# Kitten pulling up carpet



## Catmom11 (Mar 5, 2017)

Hello,

I'm getting really stressed out because my 8 month old kitten is obsessed with clawing at doors and pulling up carpets. I've been using the water bottle spray technique but it's not working, he'll just run away as soon as he sees/hears it coming. He's not allowed in the bedroom so I'll find the carpet outside of that room is completely torn up. I'll divert his attention with toys but he just gets bored and goes back to the doors. Another thing he does is climb up curtains but he's not learning that that's not allowed either, I'm losing hope!

Thanks


----------



## chillminx (Nov 22, 2010)

Hello @Catmom11 and welcome. 

First of all do away with the water spray. Depending on the individual cat spraying them with water either makes them think you're having a game with them, or else it makes them permanently wary of you. Either way it is pointless.

Basically cats do not like closed doors, they like freedom of movement and many people who live with cats compromise by leaving the internal doors ajar all the time, using door stops.

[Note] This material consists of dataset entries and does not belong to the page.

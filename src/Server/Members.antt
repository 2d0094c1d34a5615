-- ===== src/Server/Members.antt =====
-- Membership in and removal from a list of ids, for the server of include/rest_rpc/rpc_server.hpp.
use rest_rpc.Base.{
  ℕ, ◌≡◌, refl, arith, Bool, true, false, ◌==◌, ◌&&◌, not, if◌then◌else◌, List, [], ◌∷◌,
}
use rest_rpc.Base.Map.{Map, find, update, find-update, update_all}
use mathlib.Core.Option

unfoldable pub member : ℕ → List ℕ → Bool
member k [] = false
member k (j ∷ js) = if j == k then true else member k js

unfoldable pub remove : ℕ → List ℕ → List ℕ
remove k [] = []
remove k (j ∷ js) = if j == k then remove k js else j ∷ remove k js

-- No id stands twice.
unfoldable pub no_repeats : List ℕ → Bool
no_repeats [] = true
no_repeats (j ∷ js) = not (member j js) && no_repeats js

pub member-remove :
    (k j : ℕ) (js : List ℕ) → member k (remove j js) ≡ (if j == k then false else member k js)
unfolding member remove
member-remove k j [] = ground arith
member-remove k j (i ∷ is) = ground (arith, member-remove k j is)

pub no_repeats-remove :
    (j : ℕ) (js : List ℕ) → no_repeats js ≡ true → no_repeats (remove j js) ≡ true
unfolding no_repeats remove
no_repeats-remove j [] h = refl
no_repeats-remove j (i ∷ is) h = ground (arith, no_repeats-remove j is, member-remove i j is)

-- An update of each of several keys, none twice, reaches each of them once and nothing else.
pub find-update_all {ℓ} :
    {V : Type ℓ} (ks : List ℕ) (k : ℕ) (f : V → V) (m : Map V)
    → no_repeats ks ≡ true
    → find k (update_all ks f m) ≡ (if member k ks then Option.map f (find k m) else find k m)
unfolding update_all no_repeats member
find-update_all [] k f m h = refl
find-update_all (j ∷ js) k f m h =
    ground (arith, find-update_all js k f (update j f m), find-update j k f m)
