-- ===== src/Lib.antt =====
-- KyrinBox: a distributed file store. Masters elect a leader, which takes uploads and has them
-- confirmed by the other masters in two phases; chunk servers hold the files and gossip about who
-- is alive; slave nodes copy the masters' operation log and answer downloads; a key centre holds
-- the public keys that requests are signed for. The code is C++ under src/; the paths below are
-- from the repository's root, those in the other files from src/.
--
-- The parts and their files
-- - Common/OplogId: src/common/kyrin_lexicographically_helper.h, the ids of the operation log.
-- - Common/Base64, Common/Hex: src/common/crypto/kyrin_base64.cc and kyrin_hex.h, the loops by clauses
--   that carry the bytes of a group (`char_array_3`, `char_array_4`).
-- - Common/LruCache: src/common/kyrin_lru_cache.h. A list iterator is the identity of a node; an
--   iterator to a node that is gone makes the operation undefined, `none`. Spec has the abstract
--   list by recency that `get` and `set` refine.
-- - Common/Decimal: the uses of sprintf and sscanf with unsigned numbers.
-- - Common/Cluster, Common/Configs: src/common/kyrin_cluster.cc, kyrin_cluster.h, kyrin_constants.cc and
--   src/common/configs/, the configuration files, their keys, and where the servers are.
-- - Io/HttpClient, Io/Database, Io/Retry, Io/Codec: src/io/ over libcurl and leveldb, the loop that
--   repeats a request, and the codecs of the messages of src/protobuf/.
-- - Server: src/server/base/ (Base), src/common/crypto/kyrin_rsa.cc and src/common/kyrin_rsa_helper.cc (Rsa),
--   src/server/request_filters/ (Identity), the sockets and threads of kyrin_base_server.cc (Setup) and
--   how each server opens and serves them and each program starts (Start), the two handlers of the
--   key centre (KeyCenter), and src/server/slavenode/ with the download handler (Slavenode).
-- - Chunk: src/server/chunk/kyrin_chunk_gossiper_status.cc and .h (Status), kyrin_chunk_gossiper.cc and
--   kyrin_chunk_gossiper_server.cc (Gossip), the handlers of files (Files) and kyrin_chunk_server.cc
--   (Server).
-- - Master: src/server/master/kyrin_master_sentinel.cc and kyrin_master_sentinel_server.cc (Sentinel),
--   with the thread's loop as a step relation (Sentinel/Machine), all the masters' threads
--   (Sentinel/Network) and the locks (Sentinel/Locks, src/common/kyrin_lock.h),
--   kyrin_master_server.cc (Server), and the handlers of src/server/request_handlers/
--   {get_oplog,confirm_oplog,upload_file}_request_handler.cc (GetOplog, ConfirmOplog, UploadFile).
--   Client is the C++ client of the confirmations, src/sdk/cpp_client/.
--
-- How they interact: a server's dispatch (Chunk.Server, Master.Server) passes a request through the
-- filter (Server.Identity), which reads the digest (Server.Base) and asks the key centre by
-- Io.HttpClient behind the cache (Common.LruCache), to a handler. The upload's handler asks a chunk
-- server for its status (Chunk.Status), draws three servers, takes the next id (Common.OplogId) and
-- runs the two phases, which Master.ConfirmOplog answers. The election (Master.Sentinel) decides
-- which master does this.
--
-- State and effects. A component's fields are a record, each method a function on it; a handler
-- gives the reply and the state behind it. What comes from outside is an argument: the answers
-- of libcurl (Curl), the values of rand() and time(), the vote requests that come in before an
-- answer (Poll). leveldb, redis, OpenSSL, the file system, the calls on sockets, libevent's
-- HTTP servers and the protobuf codecs are parameters; where a theorem relies on them, it says so
-- by Reliable, IsWorking, IsRedis, IsPair, RoundTrips, ReadsPages, IsFileSystem, IsOs or IsLibEvent;
-- what one server hears from another is tied to what the other has by AsksMasters, Reaches and
-- IsHonest. Undefined behaviour (an index or iterator out of range, a line for a host that is too
-- long) is a result of its own, except for an URL that does not fit its 1024 bytes.
--
-- Bounds. Bytes are numbers below 256; the epoch is a number below 2 ^ 64 with its wrap-around
-- written out. The 20 digits of Common.Decimal are enough below 2 ^ 64, and 1024 and 30 are the
-- buffers of the code. The loops that need not end (the rounds of an election, the catching up, the
-- drawing of three servers) run as far as the given answers and numbers; a result says that they
-- are still running, and the endless wait of the upload in an election is the result spinning.
--
-- The threads of the sentinel. Its locks guard single fields or pairs of fields; Sentinel/Machine
-- takes a vote request, the answer of one master and what is done with the ballots for one step
-- each, Sentinel/Network runs such a thread for every master, and Sentinel/Locks takes the single
-- locks and unlocks for the steps, of any number of threads.
--
-- The threads of the gossip. The hellos of other servers come in between the calls of a round on the
-- status: while a server is asked, and before its answer is compared. The draws of a round, and the
-- comparison and the adoption of an answer, are one step each, though they hold no lock.
--
-- Not modelled: an URL that is too long, waiting for threads and freeing what they used, logging, the
-- generated protobuf classes, the Python SDK, tests and scripts.
pub mod Prelude
pub mod Common
pub mod Io
pub mod Server
pub mod Chunk
pub mod Master
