-- ===== src/Chunk.antt =====
-- server/chunk/: the chunk servers, which gossip about who is alive.
pub mod Status
pub mod Gossip
pub mod Files
pub mod Server
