-- ===== src/Common/Base64.antt =====
-- common/crypto/kyrin_base64.cc: the encoding of every body and signature on the wire.
pub mod Sextets
pub mod RoundTrip
pub mod Shape
pub mod Printed
mod Tests
use kyrin_box.Prelude.{
  ℕ, zero, suc, ◌+◌, ◌-◌, ◌*◌, ◌/◌, ◌%◌, bit_and, Bool, true, false, not, ◌&&◌, ◌||◌, Option, none,
  some, List, [], ◌∷◌, ◌++◌, map, Bytes, text, ltb, leb, ◌==◌, if◌then◌else◌, length, get_elem?,
  replicate, take, drop, or_zero,
}

pub base64_chars : Bytes
base64_chars = text "ABCDEFGHIJKLMNOPQRSTUVWXYZabcdefghijklmnopqrstuvwxyz0123456789+/"

-- `base64_chars[n]`; every index that is read lies below 64.
unfoldable pub char_of : ℕ → ℕ
unfolding base64_chars
char_of n = or_zero (get_elem? base64_chars n)

-- `base64_chars.find(c)`
pub find_from : ℕ → ℕ → Bytes → Option ℕ
find_from i c [] = none
find_from i c (d ∷ s) = if d == c then some i else find_from (i + 1) c s

-- Its result in an `unsigned char`: `npos` becomes 255.
unfoldable pub sextet_of : ℕ → ℕ
unfolding base64_chars find_from
sextet_of c = elim (find_from 0 c base64_chars) [ none ↦ 255 | some i ↦ i ]

-- `isalnum` in the C locale, and the two other characters.
unfoldable pub is_base64 : ℕ → Bool
is_base64 c =
    (leb b'0' c && leb c b'9')
    || (leb b'A' c && leb c b'Z')
    || (leb b'a' c && leb c b'z')
    || c == b'+'
    || c == b'/'

-- `char_array_4` from `char_array_3`.
pub quad : Bytes → Bytes
quad (a ∷ b ∷ c ∷ _) =
    (bit_and a 0xfc / 4)
    ∷ ((bit_and a 0x03 * 16 + bit_and b 0xf0 / 16) % 256)
    ∷ ((bit_and b 0x0f * 4 + bit_and c 0xc0 / 64) % 256)
    ∷ bit_and c 0x3f
    ∷ []
quad _ = []

-- `char_array_3` from `char_array_4`.
pub triple : Bytes → Bytes
triple (p ∷ q ∷ r ∷ s ∷ _) =
    ((p * 4 + bit_and q 0x30 / 16) % 256)
    ∷ ((bit_and q 0x0f * 16 + bit_and r 0x3c / 4) % 256)
    ∷ ((bit_and r 0x03 * 64 + s) % 256)
    ∷ []
triple _ = []

-- What follows the loop: `arr` is the part of `char_array_3` below `i`.
pub encode_rest : Bytes → Bytes → Bytes
unfolding quad
encode_rest arr ret =
    let i = length arr in
    if i == 0
    then ret
    else ret
      ++ (map char_of (take (i + 1) (quad (arr ++ replicate (3 - i) 0))) ++ replicate (3 - i) b'=')

-- `while (in_len--)`: `arr` is the part of `char_array_3` below `i`.
pub encode_loop : Bytes → Bytes → Bytes → Bytes
unfolding encode_rest
encode_loop arr [] ret = encode_rest arr ret
encode_loop arr (c ∷ s) ret =
    let arr' = arr ++ (c ∷ []) in
    let full = length arr' == 3 in
    encode_loop (if full then [] else arr') s (if full then ret ++ map char_of (quad arr') else ret)

unfoldable pub base64_encode : Bytes → Bytes
unfolding encode_loop
base64_encode s = encode_loop [] s []

-- What follows the loop: `arr` is the part of `char_array_4` below `i`.
pub decode_rest : Bytes → Bytes → Bytes
unfolding triple
decode_rest arr ret =
    let i = length arr in
    if i == 0
    then ret
    else ret ++ take (i - 1) (triple (map sextet_of (arr ++ replicate (4 - i) 0)))

-- The loop ends at the end of the string, at a `=`, and at a character outside the alphabet.
pub decode_loop : Bytes → Bytes → Bytes → Bytes
unfolding decode_rest
decode_loop arr [] ret = decode_rest arr ret
decode_loop arr (c ∷ s) ret =
    let arr' = arr ++ (c ∷ []) in
    let full = length arr' == 4 in
    let more =
      decode_loop (if full then [] else arr') s
        (if full then ret ++ triple (map sextet_of arr') else ret) in
    if not (c == b'=') && is_base64 c then more else decode_rest arr ret

unfoldable pub base64_decode : Bytes → Bytes
unfolding decode_loop
base64_decode s = decode_loop [] s []
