-- ===== src/Io/Codec.antt =====
-- The generated protobuf classes, as a parameter: one codec for each message type.
pub mod One
use kyrin_box.Prelude.{◌≡◌, Bool, true, Option, none, some, [], Bytes}

-- `SerializeToString` leaves the empty text if it fails; `ParseFromString` returns its result and
-- what the message holds then.
pub record Codec (M : Type 0) : Type 0 where
  pub serialize : M → Option Bytes
  pub parse : Bytes → Bool × M

-- What a message was serialised to is parsed to that message.
abbrev pub RoundTrips : {M : Type 0} → Codec M → Type 0
RoundTrips {M} c = (m : M) (b : Bytes) → c.serialize m ≡ some b → c.parse b ≡ (true, m)

-- The string behind a `SerializeToString` whose result is not looked at.
abbrev pub or_empty : Option Bytes → Bytes
or_empty none = []
or_empty (some b) = b
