-- ===== src/Io/Database.antt =====
-- io/kyrin_database_wrapper.cc over leveldb, which is a parameter.
pub mod Connection
pub mod Reliable
pub mod Tests
use kyrin_box.Prelude.{
  ℕ, Bool, true, false, Option, none, some, List, [], ◌∷◌, Bytes, if◌then◌else◌,
}

-- `leveldb::Status`
pub data Status : Type 0 where
  ok not_found failed : Status

abbrev pub is_ok : Status → Bool
is_ok ok = true
is_ok _ = false

-- leveldb's operations on a state `Db`. `reopen` is `delete` of the connection and `DB::Open`.
-- `entries` is what an iterator runs over, in the order of the keys, `seek` what is left of it
-- behind `Seek`, and `has_iterator` says whether
-- `NewIterator` gives one.
pub record LevelDb : Type 1 where
  pub Db : Type 0
  pub put : Db → Bytes → Bytes → Status × Db
  pub get : Db → Bytes → Status × Bytes
  pub delete : Db → Bytes → Status × Db
  pub reopen : Db → Status × Db
  pub entries : Db → List (Bytes × Bytes)
  pub seek : Db → Bytes → List (Bytes × Bytes)
  pub has_iterator : Db → Bool

module _ (L : LevelDb) where
  -- `database_reconnect`
  pub reconnect : L.Db → Bool × L.Db
  reconnect db = let (s, db') = L.reopen db in (is_ok s, db')

  -- `put`: after a failure, one more try on a new connection.
  unfoldable pub put : L.Db → Bytes → Bytes → Bool × L.Db
  unfolding reconnect
  put db key value =
      let (s, db1) = L.put db key value in
      let (r, db2) = reconnect db1 in
      let (t, db3) = L.put db2 key value in
      if is_ok s then (true, db1) else if r then (is_ok t, db3) else (false, db2)

  -- `get`: the value is empty where the result is false, unless the second try left something.
  unfoldable pub get : L.Db → Bytes → Bool × Bytes × L.Db
  unfolding reconnect
  get db key =
      let (s, v) = L.get db key in
      let (r, db1) = reconnect db in
      let (t, w) = L.get db1 key in
      elim s [
        | ok ↦ (true, v, db)
        | not_found ↦ (false, [], db)
        | failed ↦ if r then (is_ok t, w, db1) else (false, v, db1)
      ]

  unfoldable pub exist : L.Db → Bytes → Bool × L.Db
  unfolding get
  exist db key = let (found, _, db') = get db key in (found, db')

  unfoldable pub remove : L.Db → Bytes → Bool × L.Db
  remove db key = let (s, db') = L.delete db key in (is_ok s, db')

  -- The key of the last entry; `none` is the result false.
  pub last_key : List (Bytes × Bytes) → Option Bytes
  last_key [] = none
  last_key ((k, v) ∷ []) = some k
  last_key (e ∷ f ∷ l) = last_key (f ∷ l)

  unfoldable pub fetch_last_key : L.Db → Option Bytes
  unfolding last_key
  fetch_last_key db = if L.has_iterator db then last_key (L.entries db) else none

If you want to shut your kitten out of the bedroom at night it is best to take the time to settle him comfortably in a room on his own every night with all he needs. That way there will be two closed doors between you and he won't be able to hear you during the night, so he is much less likely to scratch the floor or the door of his room. If you have a room with no carpet that has a door (e.g. the kitchen) then settle him in there at night.

Otherwise you can put narrow mats down outside the doors, tacking them to the floor (through the carpet) if necessary. If you have any offcuts left of your carpet you can get them cut to size at a carpet store and corded around the edges to prevent fraying. Tacked to the floor on top of the carpet they are barely noticeable.

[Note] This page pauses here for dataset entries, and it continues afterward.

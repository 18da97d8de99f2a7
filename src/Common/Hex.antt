-- ===== src/Common/Hex.antt =====
-- common/crypto/kyrin_hex.h: two lower-case digits for each byte.
mod Tests
pub mod RoundTrip
use kyrin_box.Prelude.{ℕ, ◌/◌, [], ◌∷◌, Bytes, text, get_elem?, or_zero, bit_and}

-- `lut[d]`; every index that is read lies below 16.
unfoldable pub digit_of : ℕ → ℕ
digit_of d = or_zero (get_elem? (text "0123456789abcdef") d)

unfoldable pub string_to_hex : Bytes → Bytes
string_to_hex [] = []
string_to_hex (c ∷ s) = digit_of (c / 16) ∷ digit_of (bit_and c 15) ∷ string_to_hex s
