-- ===== src/Server/Base.antt =====
-- server/base/kyrin_base_server.cc: headers, post data, digests and replies over libevent.
pub mod Digest
use kyrin_box.Prelude.{
  ℕ, ◌*◌, Bool, ◌&&◌, Option, none, some, ◌⊎◌, inl, inr, ◌++◌, Bytes, ltb, if◌then◌else◌, text,
  length, c_str,
}
use kyrin_box.Common.Hex.{string_to_hex}

-- An `evhttp_request`: the headers, the bytes of the input buffer, which no read removes, and
-- whether `evbuffer_new` gives a buffer for the reply.
pub record Request : Type 0 where
  pub header : Bytes → Option Bytes
  pub body : Bytes
  pub buffer : Bool

-- `HTTP_OK` and `HTTP_BADREQUEST`, with the text of the reply.
pub data Reply : Type 0 where
  ok_reply : Bytes → Reply
  bad_reply : Bytes → Reply

-- The reply that is sent; `none` is the result false. `%s` ends at the first zero byte.
unfoldable pub server_send_reply_ok : Request → Bytes → Option Reply
server_send_reply_ok req msg = if req.buffer then some (ok_reply (c_str msg)) else none

unfoldable pub server_send_reply_bad : Request → Bytes → Option Reply
server_send_reply_bad req msg = if req.buffer then some (bad_reply (c_str msg)) else none

unfoldable pub server_get_header : Request → Bytes → Option Bytes
server_get_header req key = req.header key

-- `k_server_max_post_data_size`
abbrev pub max_post_data_size : ℕ
max_post_data_size = 1024 * 64

unfoldable pub server_get_postdata : Request → Option Bytes
server_get_postdata req =
    if ltb 0 (length req.body) && ltb (length req.body) max_post_data_size
    then some req.body
    else none

-- common/crypto/kyrin_sha1.cc; `sha1` is OpenSSL's `SHA1`.
unfoldable pub kyrin_sha1 : (Bytes → Bytes) → Bytes → Bytes
kyrin_sha1 sha1 data' = string_to_hex (sha1 data')

-- The digest, or the reply that is set with the result false.
unfoldable pub server_get_digest : (Bytes → Bytes) → Request → Bytes ⊎ Bytes
unfolding server_get_postdata server_get_header kyrin_sha1
server_get_digest sha1 req = elim (server_get_postdata req) [
  | none ↦ inl (text "Can't read post data..")
  | some post_data ↦ elim (server_get_header req (text "KYRIN-TIMESTAMP")) [
    | none ↦ inl (text "Can't read post KYRIN-TIMESTAMP..")
    | some timestamp ↦ inr (kyrin_sha1 sha1 (timestamp ++ post_data))
  ]
]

One of my cats used to scratch outside the bathroom door when the door was closed, so I put down a strip of polished plywood immediately outside the door, and nailed it into place. It looks rather smart and has been successful as my cat has never bothered to scratch outside the door since.

EDIT: there is also this you can buy to protect carpets outside doors from being scratched, but you may need to buy it from the USA as I can't find it on sale in the UK after a brief search on line.

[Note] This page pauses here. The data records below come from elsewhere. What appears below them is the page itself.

-- ===== src/Chunk/Files.antt =====
-- server/request_handlers/{set,get}_file_key_info_request_handler.cc and
-- {upload,download}_chunk_file_request_handler.cc: the files on a chunk server.
pub mod RoundTrip
mod Tests
use kyrin_box.Prelude.{
  ℕ, Bool, Option, none, some, ◌++◌, Bytes, ℤ, eq_ℤ, ltb, if◌then◌else◌, text, length, c_str,
}
use kyrin_box.Common.Base64.{base64_encode, base64_decode}
use kyrin_box.Io.Codec.{Codec}
use kyrin_box.Io.Database
use kyrin_box.Io.Database.{LevelDb}
use kyrin_box.Server.Base.{
  Request, Reply, server_get_postdata, server_send_reply_ok, server_send_reply_bad,
}

-- The messages of protobuf/upload_chunk_file.proto.
pub record UploadChunkFileRequest : Type 0 where
  pub account : Bytes
  pub file_name : Bytes
  pub chunk : Bytes
  pub offset : ℤ

pub record DownloadChunkFileRequest : Type 0 where
  pub account : Bytes
  pub file_name : Bytes
  pub offset : ℤ

pub record FileKeyInfo : Type 0 where
  pub account : Bytes
  pub file_name : Bytes

-- The file system: `stat` of a directory, `mkdir`, `fopen` with "wb", and the calls from `fopen`
-- with "rb+" to `fclose`, which start at the position that `fseek` leaves and give it with what was
-- read. `none` is a null `FILE`.
pub record FileSystem : Type 1 where
  pub Fs : Type 0
  pub is_dir : Fs → Bytes → Bool
  pub mkdir : Fs → Bytes → Fs
  pub create : Fs → Bytes → Option Fs
  pub write_at : Fs → Bytes → ℤ → Bytes → Option Fs
  pub read_at : Fs → Bytes → ℤ → ℕ → Option (ℤ × Bytes)

-- `k_chunk_size`
abbrev pub chunk_size : ℕ
chunk_size = 1024

-- `sprintf` of a path into 1024 bytes; `none` is a write behind their end.
pub fits : Bytes → Option Bytes
fits path = if ltb (length path) 1024 then some path else none

pub user_dir : Bytes → Option Bytes
unfolding fits
user_dir account = fits (text "./" ++ c_str account)

pub chunk_path : Bytes → Bytes → Option Bytes
unfolding fits
chunk_path account file_name =
    fits (text "./" ++ (c_str account ++ (text "/" ++ (c_str file_name ++ text ".chunkfile"))))

module _ (L : LevelDb) (F : FileSystem) where
  -- What a request comes to: a reply, or undefined behaviour.
  pub data Handled : Type 0 where
    replied : Option Reply → L.Db → F.Fs → Handled
    undefined : Handled

  -- `SetFileKeyInfoRequestHandler::handle_request`; the result of `put` is not looked at.
  pub set_file_key_info : Codec FileKeyInfo → Request → L.Db → F.Fs → Handled
  set_file_key_info codec req db fs = elim (server_get_postdata req) [
    | none ↦ replied (server_send_reply_bad req (text "Can't read post data...")) db fs
    | some body ↦
        let info = (codec.parse (base64_decode body)).1 in
        let (_, db') = Database.put L db (info.account ++ info.file_name) (base64_decode body) in
        elim (user_dir info.account) [
          | none ↦ undefined
          | some dir ↦
              let fs1 = if F.is_dir fs dir then fs else F.mkdir fs dir in
              elim (chunk_path info.account info.file_name) [
                | none ↦ undefined
                | some path ↦ elim (F.create fs1 path) [
                  | none ↦ undefined
                  | some fs2 ↦
                      replied (server_send_reply_ok req (text "Set file key info success")) db' fs2
                ]
              ]
        ]
  ]

  -- `GetFileKeyInfoRequestHandler::handle_request`
  pub get_file_key_info : Codec FileKeyInfo → Request → L.Db → F.Fs → Handled
  get_file_key_info codec req db fs = elim (server_get_postdata req) [
    | none ↦ replied (server_send_reply_bad req (text "Can't read post data...")) db fs
    | some body ↦
        let info = (codec.parse (base64_decode body)).1 in
        let (found, value, db') = Database.get L db (info.account ++ info.file_name) in
        if found
        then replied (server_send_reply_ok req (base64_encode value)) db' fs
        else replied (server_send_reply_bad req (text "No such file")) db' fs
  ]

  -- `UploadChunkFileRequestHandler::handle_request`
  pub upload_chunk_file : Codec UploadChunkFileRequest → Request → L.Db → F.Fs → Handled
  upload_chunk_file codec req db fs = elim (server_get_postdata req) [
    | none ↦ replied (server_send_reply_bad req (text "Can't read post data...")) db fs
    | some body ↦
        let request = (codec.parse (base64_decode body)).1 in
        elim (chunk_path request.account request.file_name) [
          | none ↦ undefined
          | some path ↦ elim (F.write_at fs path request.offset (base64_decode request.chunk)) [
            | none ↦ replied (server_send_reply_bad req (text "failed to right")) db fs
            | some fs' ↦ replied (server_send_reply_ok req (text "OK")) db fs'
          ]
        ]
  ]

  -- `DownloadChunkFileRequestHandler::handle_request`: `ftell(fp) - offset` is the number of bytes
  -- that were read only where `fseek` went to the offset; else the reply takes bytes that were not.
  pub download_chunk_file : Codec DownloadChunkFileRequest → Request → L.Db → F.Fs → Handled
  download_chunk_file codec req db fs = elim (server_get_postdata req) [
    | none ↦ replied (server_send_reply_bad req (text "Can't read post data...")) db fs
    | some body ↦
        let request = (codec.parse (base64_decode body)).1 in
        elim (chunk_path request.account request.file_name) [
          | none ↦ undefined
          | some path ↦ elim (F.read_at fs path request.offset chunk_size) [
            | none ↦ replied (server_send_reply_bad req (text "failed to right")) db fs
            | some (start, buff) ↦
                if eq_ℤ start request.offset
                then replied (server_send_reply_ok req (base64_encode buff)) db fs
                else undefined
          ]
        ]
  ]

http://www.hauspanther.com/2013/06/...-cat-proof-carpet-protector-for-your-doorway/


----------



## AlexPed2393 (Oct 5, 2016)

We have a small cat tower that we put outside of our door, we know that Bee sleeps on it during the night, it has helped her stop going for the carpet too


----------



## Luna_2016 (Oct 3, 2016)

Our cat likes to scratch and pull at the carpet everywhere in the house! The stairs are fair game, as is the landing and any corners. We give her free run of the house, aside from our bedroom and she gets locked out of the kitchen and lounge for the alarm when we are out but they have tiles outside of them.. hadn't thought of the door thing before. Perhaps we should deploy another scratching post to the landing... (she already has two!). We just shout at her if we catch her doing it and she stops, but we aren't there 24-7 so the carpets are slowly being shredded in places!


----------



## Purplecatlover (Mar 12, 2017)

[

Hi, you could try and get little bits of carpets from a carpet store and lay it over where she normally scratches. Another idea is getting some more cat scratchers (different types) Theres ones that fit on to the wall:
http://m.zooplus.com/shop/cats/scratching_posts/scratching_pads/scratching_boards/127292
cardboard ones like this linked: http://m.zooplus.com/shop/cats/scratching_posts/scratching_pads/scratching_mats/280460
Just to see if that helps and if she prefers other types of material to scratch on. You could always make your own, attach carpet to a piece of wood and place it on the floor or on the wall! Hope this helps


----------



## Luna_2016 (Oct 3, 2016)

Faye1995 said:


> [
> 
> Hi, you could try and get little bits of carpets from a carpet store and lay it over where she normally scratches. Another idea is getting some more cat scratchers (different types) Theres ones that fit on to the wall:
> http://m.zooplus.com/shop/cats/scratching_posts/scratching_pads/scratching_boards/127292
> ...


Thanks  we actually have that scratching pad on your second link but she doesn't seem to bother with it, we have a hanging carpet scratch thing http://www.petsathome.com/webapp/wc...mt=&itadvc=c&gclid=CI_j2siG5dICFQ06Gwodk7UEMQ but she leaves that as well, she likes the more traditional scratching posts which we have two of and she sometimes scratches at the door mats which is fine as they are inlaid hefty brush type ones. We got a flat scratch mat http://www.floormats.co.uk/sisal-cat-scratch-mat-olive?gclid=CLaR6KiG5dICFYSVGwodhc8JKw but she doesn't seem bothered with that either, carpet is clearly more fun! We have a few off cuts of carpet knocking about, will investigate sticking them down


----------



## Purplecatlover (Mar 12, 2017)

Luna_2016 said:


> Thanks  we actually have that scratching pad on your second link but she doesn't seem to bother with it, we have a hanging carpet scratch thing http://www.petsathome.com/webapp/wc...mt=&itadvc=c&gclid=CI_j2siG5dICFQ06Gwodk7UEMQ but she leaves that as well, she likes the more traditional scratching posts which we have two of and she sometimes scratches at the door mats which is fine as they are inlaid hefty brush type ones. We got a flat scratch mat http://www.floormats.co.uk/sisal-cat-scratch-mat-olive?gclid=CLaR6KiG5dICFYSVGwodhc8JKw but she doesn't seem bothered with that either, carpet is clearly more fun! We have a few off cuts of carpet knocking about, will investigate sticking them down


Hey! Hope it helps  Just put them where she normally scratches and see if it helps! Hope it does! Let us know. When our kitten scratches we just pick him up (when we can) and put him near or on his scratcher and then he uses that. He seems to be using that more than the carpet now. We have hooped carpet which is the worst too! I feel your pain xx


----------



## Cookieandme (Dec 29, 2011)

I am having the same issue with Ike at the moment, he is pulling up the carpet at the bottom of the stairs. I tried the sticky strips but he finds another spot. It has only recently started as before he would always use the scratch boards. He has been having some urinary issues at the moment so I think it may be down to those.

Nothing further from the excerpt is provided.